ウェスト侯爵家は、『白き魔女』の片翼である。
魔法という概念が消え失せてからすでに数百年、この国で魔法を扱える者は誰もいない。
魔法とは血で生み出すものである。かつて他と隔絶する事で魔法を生み出す力を残そうとした家があった。
『リンベル伯爵家』
この家こそ魔女の血筋を持つ唯一の家となる。いつしかこの家から生まれる魔女を『白き魔女』と言うようになった。しかし近親婚を繰り返したためか、いつしか子の数は減り、断絶の危機に立たされた。その時、二つの家が救いの手を差し伸べる。
『知の名家ウェスト侯爵家』と『武の名家ナイトレイ侯爵家』
当時、リンベル伯爵家にはひとり娘がいた。この娘は、ウェスト侯爵とナイトレイ侯爵の息子達と契り三人の子を成したという。二人の息子はそれぞれの侯爵家を継ぎ、最後に生まれし娘がこの国の最後の魔女となる。
最後の白き魔女は巨大な魔力を有していた。
最後の白き魔女が有していた力こそ、未来を見通す力『さきよみの力』だった。
『リンベル伯爵家の血筋より生まれる女児に、いつか白き魔女が生まれる』
この言葉を残し、最後の白き魔女はこの世を去った。
この事実を知る者は王家とリンベル伯爵家、そして『白き魔女』の片翼であるウェスト侯爵家とナイトレイ侯爵家のみである。
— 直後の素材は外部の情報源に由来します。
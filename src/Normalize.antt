-- ===== src/Normalize.antt =====
-- internal/shared/definitions.go: `NormalizeImageName`, which turns an image reference into a file
-- name. The two regular expressions are a character class and runs of hyphens.
pub mod Words
pub mod Laws
use kubernetes_images_sync_o.Base.{
  ℕ, Bool, ◌&&◌, true, false, [], ◌∷◌, List, ◌++◌, map, any, ◌==◌, if◌then◌else◌,
}
use kubernetes_images_sync_o.Text.{Text, codes}

abbrev pub hyphen : ℕ
hyphen = b'-'

-- The class of `imageNameRegexp`; `\s` is tab, line feed, form feed, carriage return and space.
abbrev pub special : Text
special = codes "/:@&=+$,?%{}[]\\^~#" ++ 9 ∷ 10 ∷ 12 ∷ 13 ∷ 32 ∷ []

unfoldable pub is_special : ℕ → Bool
unfolding any
is_special c = any (λ d. c == d) special

-- `imageNameRegexp.ReplaceAllString(name, "-")`
unfoldable pub replace_rune : ℕ → ℕ
replace_rune c = if is_special c then hyphen else c

unfoldable pub starts_with_hyphen : Text → Bool
starts_with_hyphen [] = false
starts_with_hyphen (c ∷ s) = c == hyphen

-- `imageNameRegexpReplace.ReplaceAllString(name, "-")`: of each run of hyphens the last one is left.
unfoldable pub collapse : Text → Text
collapse [] = []
collapse (c ∷ s) =
    let rest = collapse s in if c == hyphen && starts_with_hyphen s then rest else c ∷ rest

-- `strings.TrimLeft` and `strings.TrimRight` with the cutset "-"
unfoldable pub trim_left : Text → Text
trim_left [] = []
trim_left (c ∷ s) = let trimmed = trim_left s in if c == hyphen then trimmed else c ∷ s

abbrev pub is_empty : Text → Bool
is_empty [] = true
is_empty (c ∷ s) = false

unfoldable pub trim_right : Text → Text
trim_right [] = []
trim_right (c ∷ s) =
    let rest = trim_right s in if c == hyphen && is_empty rest then [] else c ∷ rest

unfoldable pub normalize_image_name : Text → Text
normalize_image_name name = trim_left (trim_right (collapse (map replace_rune name)))
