-- ===== src/ControlPlane/Migration.antt =====
-- The import of checkpoints and decisions of the project board into the tables of interactions:
-- internal/controlplane/migration.go. It runs at the start and whenever a board is saved. Parsing a
-- time and printing a number are arguments, and so is the clock; the row of legacy_approval_migrations that
-- counts what was imported is left out. `INSERT OR IGNORE` passes over unique keys only: a
-- foreign key that fails is an error, which rolls the whole import back.
pub mod Statements
pub mod Import
pub mod Persists
pub mod Growth
pub mod History
mod Tests
use roambench.Base.{
  ℕ, ◌-◌, ⊤, Bool, true, false, ◌&&◌, ◌||◌, not, Option, none, some, List, [], ◌∷◌, ◌++◌, map, any,
  find, count, ltb, leb, ◌==◌, if◌then◌else◌,
}
use roambench.Base.Text.{Text, codes, text_eq, is_empty, has_prefix, trim_space, to_lower}
use roambench.ControlPlane.Errors.{Result, ok, err, validation, storage}
use roambench.ControlPlane.Db.{
  Status, pending, resolved, expired, cancelled, is_pending, Interaction, Response, Decision,
  EventType, AuditEvent, Payload, of_import, of_reimport, OutboxEvent, ProjectionState, Projection,
  Db, Tx, ◌>>=◌, ◌>>◌, pure, transact,
}
use roambench.ControlPlane.Interactions.{normalized_strings, at_request}
use roambench.ControlPlane.Interactions.Create.{same_interaction}

-- LegacyCheckpoint. A version below 0 acts as 0; the summary of the decision is not read.
pub record LegacyCheckpoint : Type 0 where
  pub id : Text
  pub task_id : Text
  pub kind : Text
  pub title : Text
  pub reason : Text
  pub status : Text
  pub requested_at : Text
  pub allowed_actions : List Text
  pub row_version : ℕ
  pub input_hash : Text

-- LegacyDecision; its task is not read.
pub record LegacyDecision : Type 0 where
  pub id : Text
  pub decision_type : Text
  pub actor : Text
  pub timestamp : Text
  pub summary : Text
  pub checkpoint_id : Text

pub record LegacyAuditEvent : Type 0 where
  pub id : Text
  pub timestamp : Text
  pub actor : Text
  pub action : Text
  pub detail : Text
  pub checkpoint_id : Text

-- LegacyApprovalSnapshot.
pub record Snapshot : Type 0 where
  pub username : Text
  pub source_hash : Text
  pub checkpoints : List LegacyCheckpoint
  pub decisions : List LegacyDecision
  pub audit_events : List LegacyAuditEvent

-- `legacyInteractionStatus`: the status and the final action.
unfoldable pub legacy_status : Text → Status × Text
legacy_status value =
    let v = trim_space value in
    if text_eq v (codes "approved")
    then (resolved, codes "approve")
    else if text_eq v (codes "rejected")
    then (resolved, codes "reject")
    else if text_eq v (codes "rerouted")
    then (resolved, codes "reroute")
    else if text_eq v (codes "expired")
    then (expired, codes "expire")
    else if text_eq v (codes "cancelled")
    then (cancelled, codes "cancel")
    else (pending, [])

-- `strings.Contains`.
unfoldable has_substring : Text → Text → Bool
unfolding has_prefix
has_substring part [] = is_empty part
has_substring part (b ∷ bs) = has_prefix part (b ∷ bs) || has_substring part bs

-- `legacyDecisionAction`.
unfoldable pub legacy_action : Text → Text
unfolding has_substring
legacy_action value =
    let v = trim_space value in
    let w = to_lower v in
    if has_substring (codes "approved") w
    then codes "approve"
    else if has_substring (codes "rejected") w
    then codes "reject"
    else if has_substring (codes "rerouted") w
    then codes "reroute"
    else w

abbrev status_rank : Status → ℕ
status_rank pending = 0
status_rank resolved = 1
status_rank expired = 2
status_rank cancelled = 3

-- `==` on statuses.
abbrev pub same_status : Status → Status → Bool
same_status a b = status_rank a == status_rank b

-- The version of a checkpoint, at least 1.
abbrev pub version_of : LegacyCheckpoint → ℕ
version_of c = if ltb c.row_version 1 then 1 else c.row_version

abbrev project_control : Text
project_control = codes "project-control"

-- `shouldUpdate`, and that a closed row is not opened: the status and the version of the checkpoint, and
-- the row that stands.
unfoldable pub is_newer : Status → ℕ → Interaction → Bool
is_newer status version old =
    (ltb old.row_version version
      || is_pending old.status && not (is_pending status) && leb old.row_version version)
    && not (not (is_pending old.status) && is_pending status)

-- `WHERE username=? AND request_id=? AND status=? AND row_version=?`.
abbrev pub is_unchanged : Text → Interaction → Interaction → Bool
is_unchanged user old r =
    at_request user old.request_id r
    && same_status r.status old.status
    && r.row_version == old.row_version

-- Rows that a foreign key asks for.
abbrev pub has_interaction : Text → Db → Bool
has_interaction id db = any (λ r. text_eq r.request_id id) db.interactions

abbrev pub has_response : Text → Db → Bool
has_response id db = any (λ p. text_eq p.response_id id) db.responses

-- One statement or one row after the other.
unfoldable pub each : {A : Type 0} → (A → Tx ⊤) → List A → Tx ⊤
each f [] = pure tt
each f (x ∷ xs) = f x >> each f xs
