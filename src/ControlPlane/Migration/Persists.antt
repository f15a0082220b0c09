-- ===== src/ControlPlane/Migration/Persists.antt =====
-- What no writer of the table of interactions takes back.
use roambench.Base.{
  ℕ, ◌≤◌, ◌≡◌, refl, ◌∙◌, Bool, true, false, ◌⊎◌, inl, inr, List, [], ◌∷◌, ◌++◌, map, ⊤, arith,
  if◌then◌else◌, Bool-cases,
}
use roambench.Base.Text.{Text}
use roambench.ControlPlane.Errors.{Result-cases, Result, ok}
use roambench.ControlPlane.Db.{
  is_pending, ResponseSchema, Interaction, Db, Tx, ◌>>=◌, pure, transact,
}
use roambench.ControlPlane.Interactions.Lifecycle.{Evolves, Follows}
use roambench.ControlPlane.Migration.{each}

-- What a request was when it was made: its keys, whom it is for, its risk, the answers it admits and its
-- times.
pub record Origin : Type 0 where
  pub request_id : Text
  pub username : Text
  pub checkpoint_id : Text
  pub session_id : Text
  pub adapter_kind : Text
  pub vendor_request_id : Text
  pub risk_class : Text
  pub response_schema : ResponseSchema
  pub created_at : ℕ
  pub expires_at : ℕ

abbrev pub origin : Interaction → Origin
origin r = record {
  request_id = r.request_id;
  username = r.username;
  checkpoint_id = r.checkpoint_id;
  session_id = r.session_id;
  adapter_kind = r.adapter_kind;
  vendor_request_id = r.vendor_request_id;
  risk_class = r.risk_class;
  response_schema = r.response_schema;
  created_at = r.created_at;
  expires_at = r.expires_at;
}

-- The row keeps its origin, its version does not fall, and it is not open if it was closed.
abbrev pub Persists : Interaction → Interaction → Type 0
Persists r u =
    (origin u ≡ origin r)
    × (r.row_version ≤ u.row_version)
    × ((is_pending r.status ≡ true) ⊎ (is_pending u.status ≡ false))

-- Every row persists in its place; others may come behind.
abbrev pub Grows : List Interaction → List Interaction → Type 0
Grows [] us = ⊤
Grows (r ∷ rs) [] = ⊥
Grows (r ∷ rs) (u ∷ us) = Persists r u × Grows rs us

Persists-refl : (r : Interaction) → Persists r r
Persists-refl r = elim (Bool-cases (is_pending r.status)) [
  | inl opened ↦ (refl, omega arith, inl opened)
  | inr closed ↦ (refl, omega arith, inr closed)
]

Persists-trans : (r u v : Interaction) → Persists r u → Persists u v → Persists r v
Persists-trans r u v (a, b, c) (d, e, f) = (d ∙ a, omega (arith, b, e), ground (arith, c, f))

pub Grows-refl : (rs : List Interaction) → Grows rs rs
Grows-refl [] = tt
Grows-refl (r ∷ rs) = (Persists-refl r, Grows-refl rs)

pub Grows-trans : (rs us vs : List Interaction) → Grows rs us → Grows us vs → Grows rs vs
Grows-trans [] us vs g h = tt
Grows-trans (r ∷ rs) [] vs g h = absurd g
Grows-trans (r ∷ rs) (u ∷ us) [] g h = absurd h
Grows-trans (r ∷ rs) (u ∷ us) (v ∷ vs) g h =
    (Persists-trans r u v g.0 h.0, Grows-trans rs us vs g.1 h.1)

pub Grows-append : (rs us : List Interaction) → Grows rs (rs ++ us)
Grows-append [] us = tt
Grows-append (r ∷ rs) us = (Persists-refl r, Grows-append rs us)

-- An update of the rows that a test picks.
pub Grows-map :
    (test : Interaction → Bool) (f : Interaction → Interaction) (rs : List Interaction)
    → ((r : Interaction) → test r ≡ true → Persists r (f r))
    → Grows rs (map (λ r. if test r then f r else r) rs)
Grows-map test f [] h = tt
Grows-map test f (r ∷ rs) h = elim (Bool-cases (test r)) [
  | inl hit ↦ rw hit (h r hit, Grows-map test f rs h)
  | inr miss ↦ rw miss (Persists-refl r, Grows-map test f rs h)
]

Evolves-Persists : (r u : Interaction) → Evolves r u → Persists r u
Evolves-Persists r u (inl e) = rw e (Persists-refl r)
Evolves-Persists r u (inr (opened, (s, action, now, closed, e))) =
    rw e (refl, omega arith, inl opened)

-- The operations on interactions let the table grow.
pub Follows-Grows : (rs us : List Interaction) → Follows rs us → Grows rs us
Follows-Grows [] us f = tt
Follows-Grows (r ∷ rs) [] f = absurd f
Follows-Grows (r ∷ rs) (u ∷ us) f = (Evolves-Persists r u f.0, Follows-Grows rs us f.1)

-- The statements of a transaction let the table grow.
abbrev pub LetsGrow : {A : Type 0} → Tx A → Type 0
LetsGrow {A} m = (db db' : Db) (a : A) → m db ≡ ok (a, db') → Grows db.interactions db'.interactions

-- Tables whose interactions are the same.
pub eq→Grows :
    (db db' : Db) → db'.interactions ≡ db.interactions → Grows db.interactions db'.interactions
eq→Grows db db' e = rw e (Grows-refl db.interactions)

pub LetsGrow-bind :
    {A B : Type 0} (m : Tx A) (f : A → Tx B)
    → LetsGrow m
    → ((a : A) → LetsGrow (f a))
    → LetsGrow (m >>= f)
LetsGrow-bind m f hm hf db db' b e = elim (Result-cases (m db)) [
  | inr (x, k) ↦ absurd (ground arith)
  | inl ((a, mid), k) ↦
      Grows-trans db.interactions mid.interactions db'.interactions (hm db mid a k)
        (hf a mid db' b (ground arith))
]

pub LetsGrow-pure : {A : Type 0} (a : A) → LetsGrow (pure a)
LetsGrow-pure a db db' b e = eq→Grows db db' (ground arith)

pub LetsGrow-each :
    {A : Type 0} (f : A → Tx ⊤) (xs : List A) → ((x : A) → LetsGrow (f x)) → LetsGrow (each f xs)
unfolding each
LetsGrow-each f [] h = LetsGrow-pure tt
LetsGrow-each f (x ∷ xs) h = LetsGrow-bind (f x) (λ _. each f xs) (h x) (λ _. LetsGrow-each f xs h)

-- A transaction lets the table grow, also one that is rolled back.
pub transact-Grows :
    {A : Type 0} (m : Tx (Result A)) (db : Db)
    → LetsGrow m
    → Grows db.interactions (transact m db).1.interactions
transact-Grows m db h = elim (Result-cases (m db)) [
  | inr (x, k) ↦ rw (k, transact) (Grows-refl db.interactions)
  | inl ((a, mid), k) ↦ rw (k, transact) (h db mid a k)
]
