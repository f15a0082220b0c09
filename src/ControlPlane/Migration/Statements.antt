-- ===== src/ControlPlane/Migration/Statements.antt =====
-- The statements `INSERT OR IGNORE` of internal/controlplane/migration.go, with the foreign keys that they
-- do not pass over.
use roambench.Base.{◌&&◌, ◌||◌, [], ◌∷◌, ◌++◌, any, ⊤, if◌then◌else◌}
use roambench.Base.Text.{text_eq}
use roambench.ControlPlane.Errors.{ok, err, storage}
use roambench.ControlPlane.Db.{Response, Decision, AuditEvent, OutboxEvent, Projection, Tx}
use roambench.ControlPlane.Migration.{has_interaction, has_response}

-- `INSERT OR IGNORE INTO outbox_events`.
unfoldable pub add_message : OutboxEvent → Tx ⊤
add_message e db =
    if any (λ m. text_eq m.event_id e.event_id) db.outbox_events
    then ok (tt, db)
    else if has_interaction e.aggregate_id db
    then ok (tt, record db { outbox_events = db.outbox_events ++ e ∷ [] })
    else err storage

-- `INSERT OR IGNORE INTO responses`.
unfoldable pub add_response : Response → Tx ⊤
add_response p db =
    if any (λ q. text_eq q.response_id p.response_id || text_eq q.request_id p.request_id)
      db.responses
    then ok (tt, db)
    else ok (tt, record db { responses = db.responses ++ p ∷ [] })

-- `INSERT OR IGNORE INTO decisions`.
unfoldable pub add_decision : Decision → Tx ⊤
add_decision d db =
    if any
      (λ e.
        text_eq e.decision_id d.decision_id
        || text_eq e.request_id d.request_id
        || text_eq e.response_id d.response_id)
      db.decisions
    then ok (tt, db)
    else if has_response d.response_id db
    then ok (tt, record db { decisions = db.decisions ++ d ∷ [] })
    else err storage

-- `INSERT OR IGNORE INTO task_projections`.
unfoldable pub add_projection : Projection → Tx ⊤
add_projection p db =
    if any (λ q. text_eq q.decision_id p.decision_id || text_eq q.response_id p.response_id)
      db.projections
    then ok (tt, db)
    else if has_interaction p.request_id db && has_response p.response_id db
    then ok (tt, record db { projections = db.projections ++ p ∷ [] })
    else err storage

-- `INSERT OR IGNORE INTO audit_events`.
unfoldable pub add_audit : AuditEvent → Tx ⊤
add_audit e db =
    if any (λ a. text_eq a.event_id e.event_id) db.audit_events
    then ok (tt, db)
    else if has_interaction e.request_id db
    then ok (tt, record db { audit_events = db.audit_events ++ e ∷ [] })
    else err storage
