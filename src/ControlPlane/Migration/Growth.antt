-- ===== src/ControlPlane/Migration/Growth.antt =====
-- Each statement of an import lets the table of interactions grow.
use roambench.Base.{arith}
use roambench.ControlPlane.Db.{Response, Decision, AuditEvent, OutboxEvent, Projection}
use roambench.ControlPlane.Migration.Persists.{LetsGrow, eq→Grows}
use roambench.ControlPlane.Migration.Statements.{
  add_message, add_response, add_decision, add_projection, add_audit,
}

pub add_message-LetsGrow : (e : OutboxEvent) → LetsGrow (add_message e)
unfolding add_message
add_message-LetsGrow e db db' a h = eq→Grows db db' (ground arith)

pub add_response-LetsGrow : (p : Response) → LetsGrow (add_response p)
unfolding add_response
add_response-LetsGrow p db db' a h = eq→Grows db db' (ground arith)

pub add_decision-LetsGrow : (d : Decision) → LetsGrow (add_decision d)
unfolding add_decision
add_decision-LetsGrow d db db' a h = eq→Grows db db' (ground arith)

pub add_projection-LetsGrow : (p : Projection) → LetsGrow (add_projection p)
unfolding add_projection
add_projection-LetsGrow p db db' a h = eq→Grows db db' (ground arith)

pub add_audit-LetsGrow : (e : AuditEvent) → LetsGrow (add_audit e)
unfolding add_audit
add_audit-LetsGrow e db db' a h = eq→Grows db db' (ground arith)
そのため『古の契約』にのっとり、ウェスト侯爵家は、リンベル伯爵家に娘が誕生すれば婚約者候補となり、『白き魔女』が復活した場合、すぐに対処出来るよう暗躍して来た。
しかし、最後の白き魔女がこの世を去ってから数百年、『白き魔女』としての力を持つ娘は、一人として現れなかった。
魔女としての力が復活するのは十八歳まで。
成人前の汚れなき魂を持つ少女期に魔力が発動すると言われている。そのため、白き魔女の存在を知る二家はリンベル伯爵家の娘が十八歳の誕生日を迎えるまで婚約者を選べない。
(アイシャはもうすぐ十七歳。伝承の通りだな……)
あの力は、『白き魔女』が復活したと見て間違いないだろう。もうすぐアイシャ争奪戦が始まる。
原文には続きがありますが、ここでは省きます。